On May 14, 1988, the world lost arguably the greatest voice of the 20th century as Frank Sinatra died in Los Angeles following years of declining health.
“Ol’ Blue Eyes,” or Francis Albert Sinatra to his mom and pop, was born on December 12, 1915. The little Hoboken, New Jersey babe would grow up to change popular music forever and would dip his fingers into every facet of American culture before his passing some 82 years on.
Sinatra was many things to many people. Often controversial but never without brilliance, the singer, actor, and playboy couldn’t breathe without the press catching wind of it. His entire life was and is forever documented; the public ever-hungry for the latest Sinatra performance or scandal.

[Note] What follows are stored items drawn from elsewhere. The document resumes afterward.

-- ===== src/WorkerPool/ReadLock.antt =====
-- The commands that run under the read lock of src/worker_pool.c.
use in_mem_db.Base.{
  ℕ, Bytes, codes, List, [], ◌∷◌, true, false, Option, some, none, is_space, drop, ◌≡◌, refl,
  str_eq, arith, to_upper, ◌≤◌, ◌-◌, ◌⊎◌, ◌==◌, length, inl, inr, Bool-cases,
}
use in_mem_db.World.{World}
use in_mem_db.HashTable.{HashTable}
use in_mem_db.Stdio.{skip_space}
use in_mem_db.Command.{
  scan_bare, scan_argument, parse_from, parse_command, prepend, upper, dispatch, execute_parsed,
  command_execute, ended, prepend_to,
}
use in_mem_db.Command.ReadOnly.{Untouched, execute_get-Untouched, execute_ttl-Untouched}
use in_mem_db.WorkerPool.{to_lower, starts_same, word_ends, is_read_command}

-- The first three bytes of a text that passes the test against the letters `x`, `y`, `z`.
record Named (x y z : ℕ) (s : Bytes) : Type 0 where
  a : ℕ
  b : ℕ
  c : ℕ
  rest : Bytes
  shape : s ≡ a ∷ b ∷ c ∷ rest
  upper_a : to_upper a ≡ x
  upper_b : to_upper b ≡ y
  upper_c : to_upper c ≡ z

-- A byte that is, up to case, the letter `x`.
same_letter :
    (c x : ℕ) → b'a' ≤ x → x ≤ b'z' → to_lower c == to_lower x ≡ true → to_upper c ≡ x - 32
unfolding to_lower to_upper
same_letter c x lo hi h = ground arith

-- Such a byte is no white space and no quote.
letter_plain :
    (c x : ℕ) → b'A' ≤ x → x ≤ b'Z' → to_upper c ≡ x → (is_space c ≡ false) × (c == b'"' ≡ false)
unfolding to_upper is_space
letter_plain c x lo hi h = ground arith

starts_same-Named :
    (x y z : ℕ) (s : Bytes)
    → (b'a' ≤ x) × (x ≤ b'z')
    → (b'a' ≤ y) × (y ≤ b'z')
    → (b'a' ≤ z) × (z ≤ b'z')
    → starts_same 3 s (x ∷ y ∷ z ∷ []) ≡ true
    → Named (x - 32) (y - 32) (z - 32) s
unfolding starts_same
starts_same-Named x y z [] hx hy hz h = cc
starts_same-Named x y z (a ∷ []) hx hy hz h = absurd (ground arith)
starts_same-Named x y z (a ∷ b ∷ []) hx hy hz h = absurd (ground arith)
starts_same-Named x y z (a ∷ b ∷ c ∷ rest) hx hy hz h = record {
  a = a;
  b = b;
  c = c;
  rest = rest;
  shape = refl;
  upper_a = same_letter a x hx.0 hx.1 (ground arith);
  upper_b = same_letter b y hy.0 hy.1 (ground arith);
  upper_c = same_letter c z hz.0 hz.1 (ground arith);
}

-- The bytes of the name are one argument.
scan_bare-name :
    (a b c : ℕ) (rest : Bytes)
    → is_space a ≡ false
    → is_space b ≡ false
    → is_space c ≡ false
    → word_ends rest ≡ true
    → (more : Bytes) × (scan_bare (a ∷ b ∷ c ∷ rest) ≡ (a ∷ b ∷ c ∷ [], more))
unfolding scan_bare word_ends
scan_bare-name a b c [] ha hb hc ends = ([], ground arith)
scan_bare-name a b c (d ∷ rest) ha hb hc ends = (rest, ground arith)

-- An argument in front of a loop, ended or not.
prepended :
    (name : Bytes) (more : Option (Option (List Bytes))) (parsed : Option (List Bytes))
    → parsed ≡ ended (prepend_to name more)
    → (args : Option (List Bytes)) × (parsed ≡ prepend name args)
prepended name none parsed e = (none, e)
prepended name (some args) parsed e = (args, e)

-- The command line of such a name: a parse error, or the name and its arguments.
parse_command-name :
    (s : Bytes) (a b c : ℕ) (rest : Bytes)
    → skip_space s ≡ a ∷ b ∷ c ∷ rest
    → (is_space a ≡ false) × (a == b'"' ≡ false)
    → is_space b ≡ false
    → is_space c ≡ false
    → word_ends rest ≡ true
    → (args : Option (List Bytes)) × (parse_command s ≡ prepend (a ∷ b ∷ c ∷ []) args)
unfolding parse_command scan_argument
parse_command-name s a b c rest shape (ha, qa) hb hc ends =
    let (more, e) = scan_bare-name a b c rest ha hb hc ends in
    prepended (a ∷ b ∷ c ∷ []) (parse_from (length s) 1 more) (parse_command s)
      (rw (parse_from, shape, qa, e))

-- Behind a name that is GET or TTL up to case, a command touches nothing.
module _ (size : ℕ) (t : HashTable) (w : World) where
  name-Untouched :
      (name : Bytes) (args : Option (List Bytes))
      → (upper name ≡ codes "GET") ⊎ (upper name ≡ codes "TTL")
      → Untouched t w (execute_parsed size t (prepend name args) w)
  unfolding execute_parsed
  name-Untouched name none h = ground arith
  name-Untouched name (some argv) (inl get) =
      rw get (unfold dispatch str_eq in execute_get-Untouched size t w argv)
  name-Untouched name (some argv) (inr ttl) =
      rw ttl (unfold dispatch str_eq in execute_ttl-Untouched size t w argv)

  Named-Untouched :
      (x y z : ℕ) (s : Bytes)
      → (b'A' ≤ x) × (x ≤ b'Z')
      → (b'A' ≤ y) × (y ≤ b'Z')
      → (b'A' ≤ z) × (z ≤ b'Z')
      → ((x ∷ y ∷ z ∷ []) ≡ codes "GET") ⊎ ((x ∷ y ∷ z ∷ []) ≡ codes "TTL")
      → Named x y z (skip_space s)
      → word_ends (drop 3 (skip_space s)) ≡ true
      → Untouched t w (command_execute t s size w)
  unfolding command_execute upper
  Named-Untouched x y z s hx hy hz which n ends =
      let la = letter_plain n.a x hx.0 hx.1 n.upper_a in
      let lb = letter_plain n.b y hy.0 hy.1 n.upper_b in
      let lc = letter_plain n.c z hz.0 hz.1 n.upper_c in
      let (args, e) =
        parse_command-name s n.a n.b n.c n.rest n.shape la lb.0 lc.0 (rw n.shape at ends) in
      rw e (name-Untouched (n.a ∷ n.b ∷ n.c ∷ []) args (rw (n.upper_a, n.upper_b, n.upper_c) which))

  -- A command for which the worker takes the read lock only reads the clock: the table, the heap
  -- and the files are as they were, whatever the command line holds.
  pub is_read_command-Untouched :
      (command : Bytes)
      → is_read_command command ≡ true
      → Untouched t w (command_execute t command size w)
  unfolding is_read_command
  is_read_command-Untouched command h =
      let name = skip_space command in
      elim (Bool-cases (starts_same 3 name (codes "get"))) [
        | inl get ↦
            Named-Untouched b'G' b'E' b'T' command (omega arith) (omega arith) (omega arith)
              (inl refl)
              (starts_same-Named b'g' b'e' b't' name (omega arith) (omega arith) (omega arith) get)
              (rw get at h)
        | inr other ↦ elim (Bool-cases (starts_same 3 name (codes "ttl"))) [
          | inl ttl ↦
              Named-Untouched b'T' b'T' b'L' command (omega arith) (omega arith) (omega arith)
                (inr refl)
                (starts_same-Named b't' b't' b'l' name (omega arith) (omega arith) (omega arith)
                  ttl)
                (rw (other, ttl) at h)
          | inr neither ↦ absurd (ground arith)
        ]
      ]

Up until about 1948, there was no more famous man in the world. To Sinatra, his decline after decades of music and film gold was inevitable. Britannica cites the blue-eyed crooner as foretelling his own downfall through an inability (see: refusal) to change his musical style or evolve creatively. Frank Sinatra was Frank Sinatra – and that was that.

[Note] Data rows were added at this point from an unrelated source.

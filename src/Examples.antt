-- ===== src/Examples.antt =====
-- Concrete inputs for the theorems.
pub mod Tables
pub mod Entries
pub mod Commands
pub mod Files
pub mod Workers
pub mod Clients
use in_mem_db.Base.{
  Bytes, pos, negsuc, codes, [], ◌∷◌, some, none, refl, ◌≡◌, arith, true, List, ◌≢◌, take, ◌*◌, ◌-◌,
  add64, ◌+◌, ◌≤◌, ◌⊎◌, ◌&&◌, ◌++◌, false, is_digit, inl, All, length, ◌∙◌, ◌<◌,
}
use in_mem_db.World.{World}
use in_mem_db.HashTable.{
  HashTable, hash_table_create, hash_table_set_with_expiry, hash_table_delete, hash_table_destroy,
  hash_table_get, hash_table_ttl, hash_table_resize,
}
use in_mem_db.HashTable.Valid.{
  IsValid, fresh, fresh-IsValid, lookup, Resized, hash_table_resize-Resized,
  hash_table_create-IsValid, entries, lookup-fresh,
}
use in_mem_db.HashTable.Set.{
  stored, SetResult, hash_table_set_with_expiry-SetResult, hash_table_set_with_expiry-succeeds,
}
use in_mem_db.HashTable.Delete.{DeleteResult, hash_table_delete-DeleteResult}
use in_mem_db.HashTable.Reads.{hash_table_get-visible, ttl_get_agree, visible}
use in_mem_db.HashTable.Destroy.{hash_table_destroy-live}
use in_mem_db.Command.{
  parse_command, command_execute, upper, parse_expiry_seconds, parse_from, Executed,
}
use in_mem_db.Command.Tests.{run, calm}
use in_mem_db.Entry.{Entry}
use in_mem_db.WorkerPool
use in_mem_db.Command.ReadOnly.{Untouched}
use in_mem_db.Persistence.Load.{
  persistence_load-replay, persistence_load-missing, persistence_load-expired_put,
}
use in_mem_db.Persistence.Log.{put, remove, Change, log_text, replay, current}
use in_mem_db.Persistence.Replay.{Loads}
use in_mem_db.Persistence.Append.{Appended, append_line-Appended}
use in_mem_db.Stdio
use in_mem_db.Stdio.Decimal.{scan_long-print}
use in_mem_db.Persistence.{set_line, del_line, append_line, persistence_load, persistence_rewrite}
use in_mem_db.Command.Contract.{persistence_rewrite-live}
use in_mem_db.Command.Served.{Served, Recorded, started, ran, Recorded-load}
use in_mem_db.Persistence.Fuel.{load_lines-fuel}
use in_mem_db.Persistence.{load_lines}
use in_mem_db.Command.Journal.{Journals}
use mathlib.Core.List.{flatten}
use in_mem_db.Persistence.Rewrite.{puts, persistence_rewrite-puts}
use in_mem_db.Persistence.Restart.{persistence_rewrite-load}
use in_mem_db.Persistence.Log.{IsWritable}
use in_mem_db.Command.Parse.{parse_command-fuel, parse_command-quoted_line}
use in_mem_db.Command.Contract.{command_execute-Journals}
use in_mem_db.Command.Effects.{
  command_execute-get, command_execute-set, command_execute-set_ex, printed,
}
use in_mem_db.Command.Set.{SetEffect, Writes}
use in_mem_db.Command.Removal.{DelEffect, command_execute-del}
use in_mem_db.Command.RoundTrip.{set_ex-get}
use in_mem_db.WorkerPool.ReadLock.{is_read_command-Untouched}
use in_mem_db.Stdio.{scan_long, print_long}
use in_mem_db.WorkerPool.{is_read_command}

-- A table with the entry a = "1" that expires at 1030, in a world with its blocks.
abbrev pub table : HashTable
table = (hash_table_set_with_expiry (fresh 2) (codes "a") (codes "1") (pos 1030) calm).0.1

abbrev pub world : World
world = (hash_table_set_with_expiry (fresh 2) (codes "a") (codes "1") (pos 1030) calm).1

abbrev pub made :
    SetResult
      (fresh 2)
      (codes "a")
      (codes "1")
      (pos 1030)
      calm
      (hash_table_set_with_expiry (fresh 2) (codes "a") (codes "1") (pos 1030) calm)
made =
    hash_table_set_with_expiry-SetResult (fresh 2) (codes "a") (codes "1") (pos 1030) calm
      (fresh-IsValid 2 (omega arith))

pub world-Writes : Writes world
unfolding run
world-Writes = (refl, refl, refl)

abbrev pub entry : Entry
entry = stored (codes "a") (codes "1") (pos 1030)

pub table-lookup : lookup table (codes "a") ≡ some entry
unfolding run lookup
table-lookup = refl

pub table-owns : 3 * entries table ≤ world.live
unfolding run mathlib.Core.List.flatten
table-owns = omega arith

pub fresh-owns : 3 * entries (fresh 2) ≤ 2
unfolding run mathlib.Core.List.flatten
fresh-owns = omega arith

pub parsed_get : parse_command (codes " get a") ≡ some (codes "get" ∷ codes "a" ∷ [])
unfolding run
parsed_get = refl

pub parsed_set :
    parse_command (codes "set a \"2 3\"") ≡ some (codes "set" ∷ codes "a" ∷ codes "2 3" ∷ [])
unfolding run
parsed_set = refl

pub parsed_ex :
    parse_command (codes "SET a b Ex 20")
    ≡ some (codes "SET" ∷ codes "a" ∷ codes "b" ∷ codes "Ex" ∷ codes "20" ∷ [])
unfolding run
parsed_ex = refl

pub parsed_del : parse_command (codes "del a") ≡ some (codes "del" ∷ codes "a" ∷ [])
unfolding run
parsed_del = refl

pub upper_set : upper (codes "set") ≡ codes "SET"
unfolding run
upper_set = refl

pub upper_set' : upper (codes "SET") ≡ codes "SET"
unfolding run
upper_set' = refl

pub upper_ex : upper (codes "Ex") ≡ codes "EX"
unfolding run
upper_ex = refl

pub upper_get : upper (codes "get") ≡ codes "GET"
unfolding run
upper_get = refl

pub upper_del : upper (codes "del") ≡ codes "DEL"
unfolding run
upper_del = refl

pub twenty : parse_expiry_seconds (codes "20") ≡ some (pos 20)
unfolding run
twenty = refl

pub goes_on : (command_execute table (codes "set a \"2 3\"") 1024 world).0.result ≢ pos 1
unfolding run
goes_on h = cc

pub reads_get : is_read_command (codes " get a") ≡ true
unfolding run WorkerPool.to_lower WorkerPool.starts_same WorkerPool.word_ends
    WorkerPool.is_read_command
reads_get = refl

-- A file of three changes, the second of which has expired at 1000.
abbrev pub changes : List Change
changes =
    put (codes "a") (codes "1") (pos 0)
    ∷ put (codes "a") (codes "2") (pos 900)
    ∷ remove (codes "b")
    ∷ []

abbrev pub restarted : World
restarted = record calm { aof = some (log_text changes) }

abbrev pub stale : World
stale = record calm {
  aof =
      some (set_line (codes "a") (codes "1") (pos 0) ++ set_line (codes "a") (codes "2") (pos 900));
}

abbrev pub restarted_later : World
restarted_later = record calm {
  clock = λ n. pos 1010;
  aof = (persistence_rewrite table calm).1.aof;
}

pub rewritten : (persistence_rewrite table calm).0 ≡ true
unfolding run
rewritten = refl

pub writable : All IsWritable (puts (pos 1000) (flatten table.buckets))
unfolding run mathlib.Core.List.flatten
writable = omega arith

pub short_40 : length (set_line (codes "a") (codes "1") (pos 0)) < 40
unfolding run
short_40 = omega arith

pub short_50 : length (set_line (codes "a") (codes "1") (pos 0)) < 50
unfolding run
short_50 = omega arith

abbrev pub first_reply : Executed × World
first_reply = command_execute (fresh 8) (codes "set a \"2 3\"") 1024 calm

pub first_good : first_reply.0.result ≡ pos 0
unfolding run
first_good = refl

abbrev pub after_first : Served first_reply.0.table first_reply.1
after_first = ran (codes "set a \"2 3\"") 1024 (started 8 calm (omega arith) refl) first_good

-- The table of one entry, with its line in the file.
abbrev pub one_line : World
one_line = record world { aof = some (log_text (put (codes "a") (codes "1") (pos 1030) ∷ [])) }

pub table-reads :
    (q : Bytes)
    → lookup table q ≡ replay (put (codes "a") (codes "1") (pos 1030) ∷ []) (λ _. none) q
table-reads q =
    let done =
      hash_table_set_with_expiry-succeeds (fresh 2) (codes "a") (codes "1") (pos 1030) calm refl
        refl refl in
    made.reads q ∙ rw (done, lookup-fresh 2 q)

abbrev pub recorded : Recorded table one_line
recorded = record {
  valid = made.valid;
  owns = table-owns;
  changes = put (codes "a") (codes "1") (pos 1030) ∷ [];
  text = refl;
  reads = table-reads;
}

pub parsed_ttl : parse_command (codes "ttl a") ≡ some (codes "ttl" ∷ codes "a" ∷ [])
unfolding run
parsed_ttl = refl

pub upper_ttl : upper (codes "ttl") ≡ codes "TTL"
unfolding run
upper_ttl = refl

In reality, however, the public had become aware of “Ol’ Blue Eyes” close ties with organized crime, a lifestyle choice that would follow him of his own will throughout the rest of his long life. If Sinatra cared what others thought of him, he didn’t show it. Instead, he chose an antagonistic relationship with the press at every turn.
Nothing, however, could stand in the way of the undeniable creative force the man was. Through more than 1,400 recordings and over 50 years of performing, Sinatra cemented his body of work as “the most important in American popular vocal music” for critics.
1998: The Death of Frank Sinatra
An infamous critic of Sinatra’s time, Gene Lees, would say that Frank “learned how to make a sophisticated craft sound as natural as an intimate conversation or personal confession.”
Yet all things, no matter how good or bad, must come to an end. After years of decline and resurgence through further ties to organized crime, the infamous “Rat Pack”, and countless lauded public performances, Frank Sinatra would ultimately face an enemy he could not best: his own health.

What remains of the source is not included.